Same CI check passed for the previous commit , before change log was added . Here is the older CI test result for Orquesta on py3.8 https://github.com/StackStorm/st2/actions/runs/9330762609/job/25684689576

Can someone retrigger the CI checks? Looks to be a transient issue.

cognifloyd commented 2 weeks ago

Looks good. I'm going to update the pantsbuild dependencies (the lockfile) here and then I'll merge.

cognifloyd commented 2 weeks ago

OK. Looking further into this: none of the code in this repo has a direct dependency on passlib or bcyrpt. The passlib dep comes from st2-auth-backend-flat-file: https://github.com/StackStorm/st2-auth-backend-flat-file/blob/master/requirements.txt

passlib>=1.7.1,<1.8.0

So, I think the passlib[bcrypt] extra should go in that file, not in this repo. WIP branch: https://github.com/StackStorm/st2-auth-backend-flat-file/compare/bcrypt-reqs-fix

I'm researching the issue with passlib+bcrypt.

The issue was introduced in bcrypt 4.1.0, which was yanked because of it. This PR moved some attributes around, and added a bcrypt._bcrypt.__version__ attribute, which made passlib assume it was py-bcrypt instead of bcrypt:

But, the error you posted is still present in at least bcrypt 4.1.1 and 4.1.2. That error occurs because bcrypt 4.1.0+ removed bcrypt.__about__, putting the vars under bcrypt._bcrypt and directly under bcrypt instead. That message comes from:

It should just be a logged warning message though, and the version var is only used for a debug log message. So, that error message should be a red herring.

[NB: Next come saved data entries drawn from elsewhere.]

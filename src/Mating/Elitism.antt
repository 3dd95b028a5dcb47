-- ===== src/Mating/Elitism.antt =====
-- The pairs of the best individuals (fuzzer/fuzzer/mating-strategy.cpp: `ElitismMatingStrategy`).
use fuzzer_goal_directed.Prelude.{
  ℕ, zero, suc, ◌+◌, ◌/◌, ◌<◌, ◌≡◌, refl, subst, Bool, true, false, some, List, [], ◌∷◌, arith,
  ◌==◌, ◌||◌, length, Bool-cases, inl, inr,
}
use fuzzer_goal_directed.Result.{Returns, returns, >>=-Returns}
use fuzzer_goal_directed.OrderedMap.{lookup, insert, length-insert}
use fuzzer_goal_directed.Measure.{Measure, Floats, measure_gt}
use fuzzer_goal_directed.Mating.{IndexMap, insert_greater, by_measure, pair_up, elitism}
use fuzzer_goal_directed.Mating.Laws.{AllBelow, IsMatching, Matched, unused, insert-Matched}

abbrev occurs : ℕ → List (ℕ × Measure) → Bool
occurs q [] = false
occurs q ((i, s) ∷ rest) = q == i || occurs q rest

abbrev Distinct : List (ℕ × Measure) → Type 0
Distinct [] = Unit {0}
Distinct ((i, s) ∷ rest) = (occurs i rest ≡ false) × Distinct rest

pair_up-Matched :
    (size : ℕ) (view : List (ℕ × Measure)) (pairs : IndexMap)
    → Distinct view
    → ((q : ℕ) → occurs q view ≡ true → q < size)
    → Matched size (λ q. occurs q view) pairs
    → IsMatching (pair_up view pairs)
      × AllBelow size (pair_up view pairs)
      × (length (pair_up view pairs) ≡ length pairs + length view / 2)
unfolding pair_up
pair_up-Matched size [] pairs d f m = (m.matching, m.below, omega arith)
pair_up-Matched size (a ∷ []) pairs d f m = (m.matching, m.below, omega arith)
pair_up-Matched size ((a, s) ∷ (b, t) ∷ rest) pairs d f m =
    let now =
      insert-Matched m a b (ground arith) (ground arith) (ground (arith, d)) (λ q. occurs q rest)
        (f a (ground arith), f b (ground arith)) (λ q k. ground (arith, k, d)) in
    let (p, q, l) =
      pair_up-Matched size rest (insert a b pairs) d.1.1 (λ q k. f q (ground (arith, k))) now in
    (p, q, omega (arith, l, length-insert a b pairs (unused m a (ground arith))))

module _ {W : Type 0} (floats : Floats W) where
  occurs-insert_greater :
      (q i : ℕ) (s : Measure) (view : List (ℕ × Measure))
      → occurs q (insert_greater floats i s view) ≡ (q == i || occurs q view)
  unfolding insert_greater
  occurs-insert_greater q i s [] = refl
  occurs-insert_greater q i s ((j, t) ∷ rest) = ground (arith, occurs-insert_greater q i s rest)

  insert_greater-Distinct :
      (i : ℕ) (s : Measure) (view : List (ℕ × Measure))
      → occurs i view ≡ false
      → Distinct view
      → Distinct (insert_greater floats i s view)
  unfolding insert_greater
  insert_greater-Distinct i s [] h d = (refl, tt)
  insert_greater-Distinct i s ((j, t) ∷ rest) h d = elim (Bool-cases (measure_gt floats s t)) [
    | inl e ↦ rw e (h, d)
    | inr e ↦ rw e (
      ground (arith, occurs-insert_greater j i s rest, h, d),
      insert_greater-Distinct i s rest (ground (arith, h)) d.1,
    )
  ]

  length-insert_greater :
      (i : ℕ) (s : Measure) (view : List (ℕ × Measure))
      → length (insert_greater floats i s view) ≡ suc (length view)
  unfolding insert_greater
  length-insert_greater i s [] = refl
  length-insert_greater i s ((j, t) ∷ rest) = ground (arith, length-insert_greater i s rest)

  -- The view of the first `n` individuals.
  record View (n : ℕ) (view : List (ℕ × Measure)) : Type 0 where
    distinct : Distinct view
    below : (q : ℕ) → occurs q view ≡ true → q < n
    number : length view ≡ n

  View-insert_greater :
      (i : ℕ) (s : Measure) (view : List (ℕ × Measure))
      → View i view
      → View (suc i) (insert_greater floats i s view)
  View-insert_greater i s view v =
      let new : occurs i view ≡ false = elim (Bool-cases (occurs i view)) [
        | inl e ↦ absurd (omega (arith, v.below i e))
        | inr e ↦ e
      ] in
      record {
        distinct = insert_greater-Distinct i s view new v.distinct;
        below = λ q e. ground (arith, e, occurs-insert_greater q i s view, v.below q);
        number = omega (arith, length-insert_greater i s view, v.number);
      }

  by_measure-View :
      (fitness : List (ℕ × Measure)) (n number i : ℕ) (view : List (ℕ × Measure))
      → ((q : ℕ) → q < n → (s : Measure) × (lookup q fitness ≡ some s))
      → i + number ≡ n
      → View i view
      → Returns (View n) (by_measure floats fitness i number view)
  unfolding by_measure
  by_measure-View fitness n zero i view h e v =
      returns _ (subst (λ k. View k view) (let q : i ≡ n = omega (arith, e) in q) v)
  by_measure-View fitness n (suc number) i view h e v =
      let (s, f) = h i (omega (arith, e)) in
      rw f (
        by_measure-View fitness n number (i + 1) (insert_greater floats i s view) h
          (omega (arith, e))
          (subst (λ k. View k (insert_greater floats i s view))
            (let q : suc i ≡ i + 1 = omega arith in q) (View-insert_greater i s view v)))

  -- If every individual has a measure, the elitism strategy mates individuals of the population only,
  -- none of them twice and none with itself, and leaves out at most one.
  pub elitism-IsMatching :
      (fitness : List (ℕ × Measure)) (size : ℕ)
      → ((q : ℕ) → q < size → (s : Measure) × (lookup q fitness ≡ some s))
      → Returns
          (λ pairs. IsMatching pairs × AllBelow size pairs × (length pairs ≡ size / 2))
          (elitism floats fitness size)
  unfolding elitism lookup
  elitism-IsMatching fitness size h =
      >>=-Returns _
        (by_measure-View fitness size size 0 [] h (omega arith)
          (record { distinct = tt; below = λ q e. cc; number = refl }))
        λ view v.
          let (p, q, l) = pair_up-Matched size view [] v.distinct v.below (record {
            matching = record {
              other = λ i j e. cc;
              once = λ i j e. cc;
              injective = λ i k j e f. cc;
            };
            below = λ i j e. cc;
            taken = λ i j e. cc;
          }) in
          returns _ (p, q, omega (arith, l, v.number))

@sravs-dev are there any other logged error messages?

cognifloyd commented 2 weeks ago

Here's the upstream passlib issue: https://foss.heptapod.net/python-libs/passlib/-/issues/190 Sounds like 1.7.5 will drop support for py-bcrypt and bcryptor to remove the bcrypt lib detection mess.

I'm still not sure why st2auth would fail when using bcrypt 4.1.* however since that warning is not fatal.

cognifloyd commented 2 weeks ago

Here's an upstream bcrypt issue about the passlib warning message: https://github.com/pyca/bcrypt/issues/684 They also point out that this is a warning, and passlib+bcrypt should still function without issue.

So, we need to find a different root cause for the reported "st2auth fails to startup" issue, and why downgrading bcrypt would ameliorate that.

sravs-dev commented 2 weeks ago

@cognifloyd Thank you so much for digging into this. I couldn't find any other error message in st2auth logs. Let me rerun st2 on rhel9 and double check.